Bluepoint is one of my go-to's for things like this.

Blue Point Engineering Inc. - Remote Control Systems


----------



## zuixro (Sep 21, 2010)

Something like this would probably work:
Wireless Switch 1CH Momentary Remote & Relay Receiver - eBay (item 290477690380 end time Sep-27-10 09:00:46 PDT)

For maximum reliability though, I would use a pair of XBee radios.


----------



## Chris15 (Sep 22, 2010)

Check into those products designed for security systems. I have Visonics on my desk at the moment in a reasonable quantity and haven't had any major issues.


----------



## sk8rsdad (Sep 22, 2010)

Have the sound person take a visual cue from the actor pushing the button on a prop remote control. The wireless part is a cleverly designed optical sensor, the "E-Y-E".


----------



## icewolf08 (Sep 24, 2010)

sk8rsdad said:


> Have the sound person take a visual cue from the actor pushing the button on a prop remote control. The wireless part is a cleverly designed optical sensor, the "E-Y-E".


 
ON a stage such as ours and a 950 seat house, it isn't easy for the playback op to really see some of the more subtle action. Thanks for the suggestions, we will have to see what the budget will allow.


----------



## gafftaper (Sep 28, 2010)

What about a remote control to turn on christmas lights. Not exactly sure how you would make use of it, but you press the remote and it turns a 110 outlet on and off. They are also cheap so you don't have to worry about destroying it in the process of modification.


----------



## icewolf08 (Sep 29, 2010)

That is an interesting idea, I wonder if it would work on low voltage.


----------



## Chris15 (Sep 29, 2010)

One thing that will be an issue is latency on a wireless trigger. In most cases it's not deterministic and on some systems I've had across my desk you can be looking at a few seconds. Fine for turning on your TV or triggering your security system mostly. Not so fine when timing is everything in a cue...


----------



## jwl868 (Sep 30, 2010)

Do cheaper wireless come at a cost of increased potential for interference or activation from similar devices? For example, we used a radio controlled car to “power” an effect and it worked fine for years, until we used a different venue. There, another device (I never knew what) activated the effect multiple times during the rehearsals (but not during the show) (And my fix was to have an performer switch the device on a few minutes before I activated it.) 

Joe


----------



## dramatech (Sep 30, 2010)

I used a four channel wireless remote for activating the windmill at several different speeds in "Oklahoma". The boss sold it with the set to another theatre. I purchased another of the same and used it to activate the stone table in "The Lion the Witch and the Wardrobe". We then used it to activate a fake fire in a garbage can in "Ragtime". I even opened up the transmitter and modified it to operate off of our lighting board. The unit was a Four channel kit that has quite a few options built in, such as toggle or activate while holding. There is also a cancel toggle to each channel with a limit switch. The Receiver runs off of 12vdc, which makes it ideal to work with a lawn mower battery, that can also supply power to the effect.
I am not exactly sure where I purchased it, but it was on line and I found it through a "Google search". I think that it was about $34. Just try garage door opener or wireless relay. I think that the place was Carl's Kits. If worried about building the kit, the transmitter is already made as is the RF unit for the receiver, but you can get the entire thing all finished. They also had a two channel version for a few bucks less. If you can't find it online, email me and I will go through my old receipts.

Tom Johnson
[email protected]
Florida's Most Honored Community Theatre


----------



## jonliles (Sep 30, 2010)

icewolf08 said:


> That is an interesting idea, I wonder if it would work on low voltage.

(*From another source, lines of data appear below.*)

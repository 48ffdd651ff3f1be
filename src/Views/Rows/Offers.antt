-- ===== src/Views/Rows/Offers.antt =====
-- What the table of the jobs offers to clicks (web/src/components/JobTable.jsx).
use mathlib.Core.List.{append-nil}
use job_flow_web_application.Prelude.{
  ℕ, List, [], ◌∷◌, ◌++◌, Option, none, some, ◌≡◌, refl, inl, inr, leb, Bool-cases, if◌then◌else◌,
}
use job_flow_web_application.Prelude.Text.{Text}
use job_flow_web_application.Prelude.Int.{ℤ}
use job_flow_web_application.Json.{Json, null, bool, num, str, arr, obj, Items, nil, cons}
use job_flow_web_application.Model.{Job}
use job_flow_web_application.Format.{job_display_name}
use job_flow_web_application.Templates.{status_options}
use job_flow_web_application.Filters.{Filters, View}
use job_flow_web_application.Table.{export_scope, selected_jobs, operate, previous, following}
use job_flow_web_application.Markup.{click, each, child, child_items}
use job_flow_web_application.Markup.Events.{offers}
use job_flow_web_application.Markup.Bubbling.{offers-when}
use job_flow_web_application.Views.{Locale}
use job_flow_web_application.Views.Fleet.{is_none_of}
use job_flow_web_application.Views.Rows.{
  TableAction, choose, retry, ask_cancel, export, toggle, toggle_all, bulk_retry, bulk_cancel,
  control, table_buttons, toolbar, head_row, job_row, pagination,
}
use job_flow_web_application.Views.Rows.Listing.{TableProps, job_table}

-- The view of the jobs that the table shows.
abbrev pub view_of : TableProps → View
view_of props = record {
  filters = props.filters;
  filtered_jobs = props.jobs;
  all_filtered_jobs = props.all_jobs;
  page_count = props.page_count;
}

abbrev row_actions : List Job → List TableAction
row_actions [] = []
row_actions (job ∷ jobs) =
    choose job ∷ toggle job.id ∷ retry job ∷ ask_cancel job ∷ row_actions jobs

abbrev if_filters : Option Filters → TableAction → List TableAction
if_filters none a = []
if_filters (some _) a = a ∷ []

-- The export; the actions on the selection if a job is selected; the checkbox of the page; of each
-- job of the page, in order, its choice, its checkbox, its retry and its cancellation; and the pager's
-- buttons that lead to other filters.
abbrev pub table_actions : TableProps → List Text → List TableAction
table_actions props selected =
    export (export_scope props.all_jobs selected)
    ∷ ((if is_none_of (selected_jobs props.all_jobs selected)
          then []
          else bulk_retry ∷ bulk_cancel ∷ [])
        ++ toggle_all
          ∷ (row_actions props.jobs
              ++ (if_filters (operate (view_of props) previous) (control previous)
                  ++ if_filters (operate (view_of props) following) (control following))))

mutual
  unfolding offers child

  offers-child :
      (int_text : ℤ → Text) (v : Json) → offers click (child {A = TableAction} int_text v) ≡ []
  offers-child int_text null = refl
  offers-child int_text (bool b) = refl
  offers-child int_text (num n) = refl
  offers-child int_text (str s) = refl
  offers-child int_text (arr items) = offers-child_items int_text items
  offers-child int_text (obj fields) = refl

  offers-child_items :
      (int_text : ℤ → Text) (items : Items)
      → offers click (child_items {A = TableAction} int_text items) ≡ []
  offers-child_items int_text nil = refl
  offers-child_items int_text (cons v items) =
      rw (offers-child int_text v) (offers-child_items int_text items)

module _ (locale : Locale) where
  offers-rows :
      (chosen : Option Job) (selected : List Text) (jobs : List Job)
      → offers click (each (job_row locale (λ a. a) chosen selected) jobs) ≡ row_actions jobs
  unfolding offers job_row
  offers-rows chosen selected [] = refl
  offers-rows chosen selected (job ∷ jobs) =
      rw
        (
          offers-child locale.int_text (job_display_name (some job)),
          offers-rows chosen selected jobs,
        )
        refl

  offers-table_buttons :
      (all_jobs : List Job) (selected : List Text)
      → offers click (table_buttons locale (λ a. a) all_jobs selected)
        ≡ export (export_scope all_jobs selected)
          ∷ (if is_none_of (selected_jobs all_jobs selected)
              then []
              else bulk_retry ∷ bulk_cancel ∷ [])
  unfolding offers table_buttons
  offers-table_buttons all_jobs selected =
      elim (Bool-cases (is_none_of (selected_jobs all_jobs selected))) [
        | inl e ↦ rw e refl
        | inr e ↦ rw e refl
      ]

  offers-pagination :
      (props : TableProps)
      → offers click (pagination locale (λ a. a) props.filters props.page_count)
        ≡ if_filters (operate (view_of props) previous) (control previous)
          ++ if_filters (operate (view_of props) following) (control following)
  unfolding offers pagination operate
  offers-pagination props = elim (Bool-cases (leb props.filters.page 1)) [
    | inl e ↦ rw e (elim (Bool-cases (leb props.page_count props.filters.page)) [
      | inl e' ↦ rw e' refl
      | inr e' ↦ rw e' refl
    ])
    | inr e ↦ rw e (elim (Bool-cases (leb props.page_count props.filters.page)) [
      | inl e' ↦ rw e' refl
      | inr e' ↦ rw e' refl
    ])
  ]

  -- The table offers to clicks exactly: the export of the selection or else of all filtered jobs; the
  -- retry and the cancellation of the selection, if it holds a filtered job; the checkbox of the page;
  -- for each job of the page in order its choice, its checkbox, its retry and its cancellation; and the
  -- button for the previous and for the next page, each if it leads to other filters.
  pub offers-job_table :
      (to_size : Text → ℕ) (props : TableProps) (selected : List Text)
      → offers click (job_table locale (λ a. a) to_size props selected)
        ≡ table_actions props selected
  unfolding offers job_table toolbar head_row status_options
  offers-job_table to_size props selected =
      rw
        (
          offers-table_buttons props.all_jobs selected,
          offers-rows props.selected_job selected props.jobs,
          offers-pagination props,
          offers-when click (is_none_of props.jobs) _ refl,
        )
        (simp (append-nil))
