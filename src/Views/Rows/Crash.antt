-- ===== src/Views/Rows/Crash.antt =====
-- When React can render the table of the jobs (web/src/components/JobTable.jsx).
use mathlib.Core.Bool.{and-true}
use job_flow_web_application.Prelude.{
  ℕ, List, Bool, true, false, Option, some, ◌≡◌, refl, ◌&&◌, all,
}
use job_flow_web_application.Prelude.Text.{Text}
use job_flow_web_application.Prelude.Int.{ℤ}
use job_flow_web_application.Json.{Json, null, bool, num, str, arr, obj, Items, nil, cons}
use job_flow_web_application.Model.{Job}
use job_flow_web_application.Format.{job_display_name}
use job_flow_web_application.Templates.{status_options}
use job_flow_web_application.Markup.{child, child_items}
use job_flow_web_application.Markup.Rendering.{renders, renders-each, renders-when}
use job_flow_web_application.Views.{Locale}
use job_flow_web_application.Views.Fleet.{is_none_of}
use job_flow_web_application.Views.Details.{status_badge}
use job_flow_web_application.Views.Rows.{
  TableAction, table_buttons, toolbar, head_row, job_row, pagination,
}
use job_flow_web_application.Views.Rows.Listing.{TableProps, job_table}

-- Neither an object nor an array that holds one, at any depth.
mutual
  pub is_showable : Json → Bool
  is_showable null = true
  is_showable (bool _) = true
  is_showable (num _) = true
  is_showable (str _) = true
  is_showable (arr items) = are_showable items
  is_showable (obj _) = false

  pub are_showable : Items → Bool
  are_showable nil = true
  are_showable (cons v items) = is_showable v && are_showable items

mutual
  unfolding renders child is_showable

  renders-child :
      (A : Type 0) (int_text : ℤ → Text) (v : Json)
      → renders (child {A = A} int_text v) ≡ is_showable v
  renders-child A int_text null = refl
  renders-child A int_text (bool b) = refl
  renders-child A int_text (num n) = refl
  renders-child A int_text (str s) = refl
  renders-child A int_text (arr items) = renders-child_items A int_text items
  renders-child A int_text (obj fields) = refl

  renders-child_items :
      (A : Type 0) (int_text : ℤ → Text) (items : Items)
      → renders (child_items {A = A} int_text items) ≡ are_showable items
  renders-child_items A int_text nil = refl
  renders-child_items A int_text (cons v items) =
      rw (renders-child A int_text v, renders-child_items A int_text items) refl

module _ (locale : Locale) {A : Type 0} (act : TableAction → A) where
  renders-job_row :
      (chosen : Option Job) (selected : List Text) (job : Job)
      → renders (job_row locale act chosen selected job) ≡ is_showable (job_display_name (some job))
  unfolding renders job_row status_badge
  renders-job_row chosen selected job =
      rw (renders-child A locale.int_text (job_display_name (some job))) (simp (and-true))

  -- The table can be rendered exactly if none of the jobs of the page has an object, or an array
  -- with one, for the name or subject that its row shows.
  pub renders-job_table :
      (to_size : Text → ℕ) (props : TableProps) (selected : List Text)
      → renders (job_table locale act to_size props selected)
        ≡ all (λ job. is_showable (job_display_name (some job))) props.jobs
  unfolding renders job_table table_buttons toolbar head_row pagination status_options
  renders-job_table to_size props selected =
      rw
        (
          renders-each (job_row locale act props.selected_job selected)
              (λ job. is_showable (job_display_name (some job))) props.jobs
              (renders-job_row props.selected_job selected),
          renders-when (is_none_of props.jobs) _ refl,
        )
        (simp (and-true))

The el Cheapo from Big Box require 110V to work.BUT plug in el cheapo wall wart and make it what ever voltage you desire. 

I've used them with Mirror balls and pin spots, there can be a latency issue, especially if you move further away. Doable, but takes some anticipation.


----------



## AaronKrajeski (Jun 29, 2012)

icewolf08 said:


> We are looking for a way to wirelessly trigger a contact closure that would be connected to a MIDI device to trigger a sound effect. The MIDI interface is the easy part. The wireless bit is hard.
> 
> The idea is that an actor would carry some kind of device (like a car alarm key-fob) where he could push a button to trigger the effect.
> 
> So, does anyone know where I can get a simple wirelessly controlled contact closure? Or does anyone know of a MIDI device that does all this in one box?



You can do all of this easily with QLab and ICubeX hardware:

I-CubeX Online Store - Applications: Theatre Performance
(Demo video is at the bottom of the page)

You don't even need to restrict yourself to a simple contact closure. You can use force, distance, heck even silly things like heartbeat and temperature (thought I don't see an immediately useful application for those two). The wireless micro-digs that ICubeX supplies work over bluetooth, solving your wireless issue.


----------